I see and I used to agree although I usually didn't care to do that myself. Lately I find a lot of the downvoting that has been going on has been so stupid that the stupid "why the downvotes?" question has seemed relevant.

My theory is that we're seeing the influx of Reddit members.

There's evidence even this thread, as in the children of this parent (https://news.ycombinator.com/item?id=8449500). Comments that add nothing meaningful, often contributing nothing other than snark or inane "Internet comedy".

There is much that is positive about Reddit, and much that is negative. Something HN doesn't need is the blatant downvoting because of mere differences in opinion.

Personally, I wish HN didn't have a downvote button at all, but that we could leave actual moderation to moderators.

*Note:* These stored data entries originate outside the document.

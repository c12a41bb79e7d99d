-- ===== src/Api/Orders/Problems.antt =====
-- What a client of app/api/routes/orders.py gets when `checkout` raises: app/api/errors.py.
use canals_assessment.Prelude.{String, ◌≡◌, Bool, true, false, none, leb}
use canals_assessment.Domain.Errors.{DomainError, Exception}
use canals_assessment.Db.Tx.{err, Env}
use canals_assessment.Api.Errors.{ErrorResponse}
use canals_assessment.Api.Errors
use canals_assessment.Api.Orders.{reply, Body}

-- `ReplayedResponse`, which carries a stored response and is no failure.
abbrev pub is_replayed : Exception → Bool
is_replayed (Exception.replayed body status) = true
is_replayed e = false

-- The reply to a failure: a problem document that repeats the HTTP status, a 4xx or a 5xx, without a
-- Location; and with a 5xx, nothing in it depends on the exceptions' texts.
pub record IsProblem (env : Env) (str : DomainError → String) (e : Exception) : Type 0 where
  pub problem : ErrorResponse
  pub content : (reply env str (err e)).content ≡ Body.problem problem
  pub mirrored : problem.status ≡ (reply env str (err e)).status_code
  pub failed : (leb 400 problem.status ≡ true) × (leb problem.status 599 ≡ true)
  pub unlocated : (reply env str (err e)).location ≡ none
  pub silent :
      (other : DomainError → String)
      → leb 500 problem.status ≡ true
      → reply env other (err e) ≡ reply env str (err e)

I wonder if the big story is about a different predator species so apex that wolves are basically a hobby for it, and how changes in the behavior and priorities of that species can have dramatic impacts on the park.

Look around a bit and you'll see loads of articles and rebuttals to this video's thesis. I for one thought the video was really beautiful but it shouldn't stop researchers from attempting to be accurate, even when it isn't something we want to hear.